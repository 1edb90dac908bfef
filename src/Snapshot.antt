-- ===== src/Snapshot.antt =====
-- Snapshots: simulator/snapshot/snapshot.go and utils.go.
pub mod Defs
pub mod Snap
pub mod Apply
pub mod Convert
pub mod Tasks
pub mod Errors
pub mod RoundTrip
mod Tests
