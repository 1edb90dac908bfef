-- ===== src/Snapshot/Convert.antt =====
-- simulator/snapshot/utils.go: a snapshot as the resources to load. json.Marshal on objects and
-- json.Unmarshal into the apply configuration of a kind are parameters.
use semvi_btp.Common.{String, List, [], ◌∷◌, Try, ok, err}
use semvi_btp.Common.Errors.{GoError, raised, wrapped, chain, wrap_error}
use semvi_btp.Snapshot.Defs.{
  Kind, pod, node, persistent_volume, persistent_volume_claim, storage_class, priority_class,
  namespace, Resources,
}
use Prim.Native.String as Text

abbrev pub type_name : Kind → String
type_name pod = "Pod"
type_name node = "Node"
type_name persistent_volume = "PersistentVolume"
type_name persistent_volume_claim = "PersistentVolumeClaim"
type_name storage_class = "StorageClass"
type_name priority_class = "PriorityClass"
type_name namespace = "Namespace"

module _ {O A E : Type 0} (marshal : O → Try E String) (unmarshal : Kind → String → Try E A) where
  abbrev pub raise_as : {X : Type 0} → String → Try E X → Try (GoError E) X
  raise_as text (ok x) = ok x
  raise_as text (err e) = err (wrapped text (raised e))

  abbrev pub convert_to_apply_configuration : Kind → O → Try (GoError E) A
  convert_to_apply_configuration kind o =
      chain (raise_as "call Marshal to convert object" (marshal o)) (λ text.
        raise_as (Text.◌++◌ "call Unmarshal to convert " (type_name kind)) (unmarshal kind text))

  abbrev pub add_converted : Try (GoError E) A → Try (GoError E) (List A) → Try (GoError E) (List A)
  add_converted (err e) rest = err e
  add_converted (ok a) rest = chain rest (λ more. ok (a ∷ more))

  -- A loop over the objects of a kind, its error with this text.
  unfoldable pub convert_list : String → Kind → List O → Try (GoError E) (List A)
  convert_list text kind [] = ok []
  convert_list text kind (o ∷ os) =
      let rest = convert_list text kind os in
      add_converted (wrap_error text (convert_to_apply_configuration kind o)) rest

  abbrev pub convert_pods : List O → Try (GoError E) (List A)
  convert_pods = convert_list "convert Pod to apply configuration" pod

  abbrev pub convert_nodes : List O → Try (GoError E) (List A)
  convert_nodes = convert_list "convert Node to apply configuration" node

  abbrev pub convert_pvs : List O → Try (GoError E) (List A)
  convert_pvs = convert_list "convert PersistentVolume to apply configuration" persistent_volume

  abbrev pub convert_pvcs : List O → Try (GoError E) (List A)
  convert_pvcs =
      convert_list "convert PersistentVolumeClaim to apply configuration" persistent_volume_claim

  abbrev pub convert_storage_classes : List O → Try (GoError E) (List A)
  convert_storage_classes = convert_list "convert StorageClass to apply configuration" storage_class

  abbrev pub convert_priority_classes : List O → Try (GoError E) (List A)
  convert_priority_classes =
      convert_list "convert PriorityClasses to apply configuration" priority_class

  abbrev pub convert_namespaces : List O → Try (GoError E) (List A)
  convert_namespaces = convert_list "convert Namespace to apply configuration" namespace

  unfoldable pub convert_resources : {C : Type 0} → Resources O C → Try (GoError E) (Resources A C)
  unfolding convert_list
  convert_resources r =
      chain (wrap_error "call convertPodListToApplyConfigurationList" (convert_pods r.pods))
        (λ pods.
          chain (wrap_error "call convertNodeListToApplyConfigurationList" (convert_nodes r.nodes))
            (λ nodes.
              chain (wrap_error "call convertPvListToApplyConfigurationList" (convert_pvs r.pvs))
                (λ pvs.
                  chain
                    (wrap_error "call convertPvcListToApplyConfigurationList" (convert_pvcs r.pvcs))
                    (λ pvcs.
                      chain
                        (wrap_error "call convertStorageClassesListToApplyConfigurationList"
                          (convert_storage_classes r.storage_classes))
                        (λ scs.
                          chain
                            (wrap_error "call convertPriorityClassesListToApplyConfigurationList"
                              (convert_priority_classes r.priority_classes))
                            (λ pcs.
                              chain
                                (wrap_error "call convertNamespaceListToApplyConfigurationList"
                                  (convert_namespaces r.namespaces))
                                (λ nss. ok (record {
                                  pods = pods;
                                  nodes = nodes;
                                  pvs = pvs;
                                  pvcs = pvcs;
                                  storage_classes = scs;
                                  priority_classes = pcs;
                                  scheduler_config = r.scheduler_config;
                                  namespaces = nss;
                                }))))))))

________________________________________

Problem to solve:
Go through the records and output them all, word for word.

Exercise answer:
repository 1edb90dac908bfef
filename src/Snapshot.antt
-- ===== src/Snapshot.antt =====
-- Snapshots: simulator/snapshot/snapshot.go and utils.go.
pub mod Defs
pub mod Snap
pub mod Apply
pub mod Convert
pub mod Tasks
pub mod Errors
pub mod RoundTrip
mod Tests
repository 1edb90dac908bfef
-- ===== src/Snapshot/Convert.antt =====
-- simulator/snapshot/utils.go: a snapshot as the resources to load. json.Marshal on objects and
-- json.Unmarshal into the apply configuration of a kind are parameters.
use semvi_btp.Common.{String, List, [], ◌∷◌, Try, ok, err}
use semvi_btp.Common.Errors.{GoError, raised, wrapped, chain, wrap_error}
use semvi_btp.Snapshot.Defs.{
  Kind, pod, node, persistent_volume, persistent_volume_claim, storage_class, priority_class,
  namespace, Resources,
}
use Prim.Native.String as Text

abbrev pub type_name : Kind → String
type_name pod = "Pod"
type_name node = "Node"
type_name persistent_volume = "PersistentVolume"
type_name persistent_volume_claim = "PersistentVolumeClaim"
type_name storage_class = "StorageClass"
type_name priority_class = "PriorityClass"
type_name namespace = "Namespace"

module _ {O A E : Type 0} (marshal : O → Try E String) (unmarshal : Kind → String → Try E A) where
  abbrev pub raise_as : {X : Type 0} → String → Try E X → Try (GoError E) X
  raise_as text (ok x) = ok x
  raise_as text (err e) = err (wrapped text (raised e))

  abbrev pub convert_to_apply_configuration : Kind → O → Try (GoError E) A
  convert_to_apply_configuration kind o =
      chain (raise_as "call Marshal to convert object" (marshal o)) (λ text.
        raise_as (Text.◌++◌ "call Unmarshal to convert " (type_name kind)) (unmarshal kind text))

  abbrev pub add_converted : Try (GoError E) A → Try (GoError E) (List A) → Try (GoError E) (List A)
  add_converted (err e) rest = err e
  add_converted (ok a) rest = chain rest (λ more. ok (a ∷ more))

  -- A loop over the objects of a kind, its error with this text.
  unfoldable pub convert_list : String → Kind → List O → Try (GoError E) (List A)
  convert_list text kind [] = ok []
  convert_list text kind (o ∷ os) =
      let rest = convert_list text kind os in
      add_converted (wrap_error text (convert_to_apply_configuration kind o)) rest

  abbrev pub convert_pods : List O → Try (GoError E) (List A)
  convert_pods = convert_list "convert Pod to apply configuration" pod

  abbrev pub convert_nodes : List O → Try (GoError E) (List A)
  convert_nodes = convert_list "convert Node to apply configuration" node

  abbrev pub convert_pvs : List O → Try (GoError E) (List A)
  convert_pvs = convert_list "convert PersistentVolume to apply configuration" persistent_volume

  abbrev pub convert_pvcs : List O → Try (GoError E) (List A)
  convert_pvcs =
      convert_list "convert PersistentVolumeClaim to apply configuration" persistent_volume_claim

  abbrev pub convert_storage_classes : List O → Try (GoError E) (List A)
  convert_storage_classes = convert_list "convert StorageClass to apply configuration" storage_class

  abbrev pub convert_priority_classes : List O → Try (GoError E) (List A)
  convert_priority_classes =
      convert_list "convert PriorityClasses to apply configuration" priority_class

  abbrev pub convert_namespaces : List O → Try (GoError E) (List A)
  convert_namespaces = convert_list "convert Namespace to apply configuration" namespace

  unfoldable pub convert_resources : {C : Type 0} → Resources O C → Try (GoError E) (Resources A C)
  unfolding convert_list
  convert_resources r =
      chain (wrap_error "call convertPodListToApplyConfigurationList" (convert_pods r.pods))
        (λ pods.
          chain (wrap_error "call convertNodeListToApplyConfigurationList" (convert_nodes r.nodes))
            (λ nodes.
              chain (wrap_error "call convertPvListToApplyConfigurationList" (convert_pvs r.pvs))
                (λ pvs.
                  chain
                    (wrap_error "call convertPvcListToApplyConfigurationList" (convert_pvcs r.pvcs))
                    (λ pvcs.
                      chain
                        (wrap_error "call convertStorageClassesListToApplyConfigurationList"
                          (convert_storage_classes r.storage_classes))
                        (λ scs.
                          chain
                            (wrap_error "call convertPriorityClassesListToApplyConfigurationList"
                              (convert_priority_classes r.priority_classes))
                            (λ pcs.
                              chain
                                (wrap_error "call convertNamespaceListToApplyConfigurationList"
                                  (convert_namespaces r.namespaces))
                                (λ nss. ok (record {
                                  pods = pods;
                                  nodes = nodes;
                                  pvs = pvs;
                                  pvcs = pvcs;
                                  storage_classes = scs;
                                  priority_classes = pcs;
                                  scheduler_config = r.scheduler_config;
                                  namespaces = nss;
                                }))))))))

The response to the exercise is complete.